**Source data:**

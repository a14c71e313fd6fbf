-- ===== src/ClientIp/Forwarded.antt =====
-- internal/api/handler_utils.go: a client cannot choose the address under which it is counted.
use mathlib.Core.List.{reverse, reverse-append, reverse-cons, append_assoc}
use neo_nect_server.Base.{
  ◌≡◌, refl, ◌∙◌, Bool, true, false, not, Option, some, String, List, [], ◌∷◌, ◌++◌, ◌==◌,
  string_eq, arith, Bool-cases, inl, inr, ◌⊎◌, trim_space, any, any-append, if◌then◌else◌,
}
use neo_nect_server.ClientIp.{
  or_else, is_trusted_proxy, is_skipped, last_client, from_forwarded, client_of, get_client_ip,
  split_commas,
}

module _ {Ip Net : Type 0} (parse_ip : String → Option Ip) (parse_cidr : String → Option Net)
    (contains : Net → Ip → Bool) (trusted : List Net) where
  abbrev skips : String → Bool
  skips part = is_skipped parse_ip parse_cidr contains trusted part

  -- The scan passes over the parts that proxies added and stops at the first other one.
  pub last_client-append :
      (proxies rest : List String) (part : String)
      → any (λ p. not (skips p)) proxies ≡ false
      → skips part ≡ false
      → last_client parse_ip parse_cidr contains trusted (proxies ++ (part ∷ rest))
        ≡ some (trim_space part)
  unfolding last_client any
  last_client-append [] rest part all here = rw here refl
  last_client-append (p ∷ proxies) rest part all here =
      ground (arith, last_client-append proxies rest part)

any-reverse : (p : String → Bool) (xs : List String) → any p (reverse xs) ≡ any p xs
unfolding any
any-reverse p [] = refl
any-reverse p (x ∷ xs) =
    rw (reverse-cons x xs, any-append p (reverse xs) (x ∷ [])) (ground (arith, any-reverse p xs))

reversed :
    (forged proxies : List String) (client : String)
    → reverse (forged ++ (client ∷ proxies)) ≡ reverse proxies ++ (client ∷ reverse forged)
reversed forged proxies client =
    rw (reverse-append forged (client ∷ proxies), reverse-cons client proxies)
      (append_assoc (reverse proxies) (client ∷ []) (reverse forged))

-- Behind trusted proxies the address of a client is the part of X-Forwarded-For before those that the
-- proxies added, whatever the parts before it, which the client may have written: the peer is a
-- trusted proxy, the part is an address and no trusted proxy's, and each part after it is no address
-- or a trusted proxy's. The address of a peer that is no trusted proxy is its own, whatever both
-- headers hold, empty or not.
pub client_ip_unforged :
    {Ip Net : Type 0} (parse_ip : String → Option Ip) (parse_cidr : String → Option Net)
    (contains : Net → Ip → Bool) (split_host_port : String → Option String) (trusted : List Net)
    (remote_addr xff x_real_ip client any_xff any_real_ip : String) (forged proxies : List String)
    → (xff == "") ≡ false
    → split_commas xff ≡ forged ++ (client ∷ proxies)
    → is_skipped parse_ip parse_cidr contains trusted client ≡ false
    → any (λ p. not (is_skipped parse_ip parse_cidr contains trusted p)) proxies ≡ false
    → (get_client_ip parse_ip parse_cidr contains split_host_port trusted remote_addr xff x_real_ip
        ≡ (if is_trusted_proxy parse_ip parse_cidr contains
              (trim_space (or_else (split_host_port remote_addr) remote_addr))
              trusted
            then trim_space client
            else trim_space (or_else (split_host_port remote_addr) remote_addr)))
      × ((is_trusted_proxy parse_ip parse_cidr contains
              (trim_space (or_else (split_host_port remote_addr) remote_addr))
              trusted
            ≡ true)
          ⊎ (get_client_ip parse_ip parse_cidr contains split_host_port trusted remote_addr any_xff
                any_real_ip
              ≡ trim_space (or_else (split_host_port remote_addr) remote_addr)))
unfolding get_client_ip client_of from_forwarded or_else
client_ip_unforged parse_ip parse_cidr contains split_host_port trusted remote_addr xff x_real_ip
      client any_xff any_real_ip forged proxies present parts here skipped =
    let peer = trim_space (or_else (split_host_port remote_addr) remote_addr) in
    elim (Bool-cases (is_trusted_proxy parse_ip parse_cidr contains peer trusted)) [
      | inr direct ↦ rw direct (refl, inr refl)
      | inl proxied ↦
          rw
            (
              proxied,
              present,
              parts,
              reversed forged proxies client,
              last_client-append parse_ip parse_cidr contains trusted (reverse proxies)
                  (reverse forged) client (any-reverse _ proxies ∙ skipped) here,
            )
            (refl, inl refl)
    ]
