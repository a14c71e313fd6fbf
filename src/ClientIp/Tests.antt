-- ===== src/ClientIp/Tests.antt =====
-- Runs of `GetClientIP` of internal/api/handler_utils.go behind two proxies, with texts for addresses.
use neo_nect_server.Base.{
  ◌≡◌, refl, ◌⊎◌, Bool, true, false, not, Option, none, some, String, List, [], ◌∷◌, ◌==◌,
  string_eq, trim_space, any, if◌then◌else◌,
}
use neo_nect_server.ClientIp.{
  is_present, is_trusted_proxy, is_skipped, split_commas, with_mask, get_client_ip, or_else,
}
use neo_nect_server.ClientIp.Forwarded.{client_ip_unforged}

-- the package net of the tests
abbrev parse : String → Option String
parse s = if s == "junk" then none else some s

abbrev holds : String → String → Bool
holds network ip = network == ip

abbrev host : String → Option String
host s = none

abbrev proxies : List String
proxies = "10.0.0.1" ∷ "10.0.0.2" ∷ []

ipv6_masked : with_mask "::1" ≡ "::1/128"
unfolding with_mask
ipv6_masked = refl

header_split : split_commas "1.1.1.1,9.9.9.9, 10.0.0.2" ≡ ("1.1.1.1" ∷ "9.9.9.9" ∷ " 10.0.0.2" ∷ [])
unfolding split_commas
header_split = refl

client_kept : is_skipped parse parse holds proxies "9.9.9.9" ≡ false
unfolding is_trusted_proxy is_present trim_space
client_kept = refl

proxy_skipped : any (λ p. not (is_skipped parse parse holds proxies p)) (" 10.0.0.2" ∷ []) ≡ false
unfolding is_trusted_proxy is_present trim_space any
proxy_skipped = refl

client_ip_unforged_example :
    (get_client_ip parse parse holds host proxies "10.0.0.1" "1.1.1.1,9.9.9.9, 10.0.0.2" ""
      ≡ "9.9.9.9")
    × ((is_trusted_proxy parse parse holds "10.0.0.1" proxies ≡ true)
        ⊎ (get_client_ip parse parse holds host proxies "10.0.0.1" "" "6.6.6.6" ≡ "10.0.0.1"))
unfolding is_trusted_proxy trim_space or_else
client_ip_unforged_example =
    client_ip_unforged parse parse holds host proxies "10.0.0.1" "1.1.1.1,9.9.9.9, 10.0.0.2" ""
      "9.9.9.9" "" "6.6.6.6" ("1.1.1.1" ∷ []) (" 10.0.0.2" ∷ []) refl header_split client_kept
      proxy_skipped
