-- ===== src/Config.antt =====
-- internal/config/config.go: the configuration that the server starts with. `lookup_env` is
-- `os.LookupEnv`, `atoi` is `strconv.Atoi` with none for an error, and `log.Fatalf`, which ends the
-- process, is none. Durations are the seconds that `LoadConfig` multiplies by `time.Second`.
pub mod Load
pub mod Steps
pub mod Safe
mod Tests
use neo_nect_server.Base.{
  Bool, true, false, Option, none, some, String, ◌==◌, string_eq, if◌then◌else◌, ℤ, ltz,
}

infixl 5 ◌>>=◌ ◌>>◌
abbrev pub ◌>>=◌ : {A B : Type 0} → Option A → (A → Option B) → Option B
none >>= f = none
some a >>= f = f a

abbrev pub ◌>>◌ : {A B : Type 0} → Option A → Option B → Option B
m >> n = m >>= λ _. n

-- `if b { log.Fatalf(…) }`
unfoldable pub fatal_if : Bool → Option (Unit {0})
fatal_if true = none
fatal_if false = some tt

unfoldable pub value_or : {A : Type 0} → A → Option A → A
value_or a none = a
value_or a (some b) = b

-- after the parse of `GetStrictEnvInt`
unfoldable pub checked_range : ℤ → ℤ → Option ℤ → Option ℤ
checked_range min max none = none
checked_range min max (some parsed) =
    if ltz parsed min then none else if ltz max parsed then none else some parsed

module _ (lookup_env : String → Option String) (atoi : String → Option ℤ) where
  unfoldable pub get_env_or_default : String → String → String
  unfolding value_or
  get_env_or_default key fallback = value_or fallback (lookup_env key)

  -- `os.Getenv`
  unfoldable pub get_env : String → String
  unfolding value_or
  get_env key = value_or "" (lookup_env key)

  unfoldable pub get_env_int : String → ℤ → ℤ
  unfolding value_or get_env
  get_env_int key default_value =
      if get_env key == "" then default_value else value_or default_value (atoi (get_env key))

  -- `GetStrictEnvInt`, and `GetStrictEnvInt64`, whose integers are the same
  unfoldable pub get_strict_env_int : String → ℤ → ℤ → ℤ → Option ℤ
  unfolding checked_range get_env
  get_strict_env_int key default_value min max =
      if get_env key == "" then some default_value else checked_range min max (atoi (get_env key))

**Work task:** Starting at the line above that holds "trusted remote_addr any_xff" and ending at the line that holds "elim (Bool-cases (is_trusted_proxy", transcribe each line exactly and include no other lines.

**Answer below:**
          ⊎ (get_client_ip parse_ip parse_cidr contains split_host_port trusted remote_addr any_xff
                any_real_ip
              ≡ trim_space (or_else (split_host_port remote_addr) remote_addr)))
unfolding get_client_ip client_of from_forwarded or_else
client_ip_unforged parse_ip parse_cidr contains split_host_port trusted remote_addr xff x_real_ip
      client any_xff any_real_ip forged proxies present parts here skipped =
    let peer = trim_space (or_else (split_host_port remote_addr) remote_addr) in
    elim (Bool-cases (is_trusted_proxy parse_ip parse_cidr contains peer trusted)) [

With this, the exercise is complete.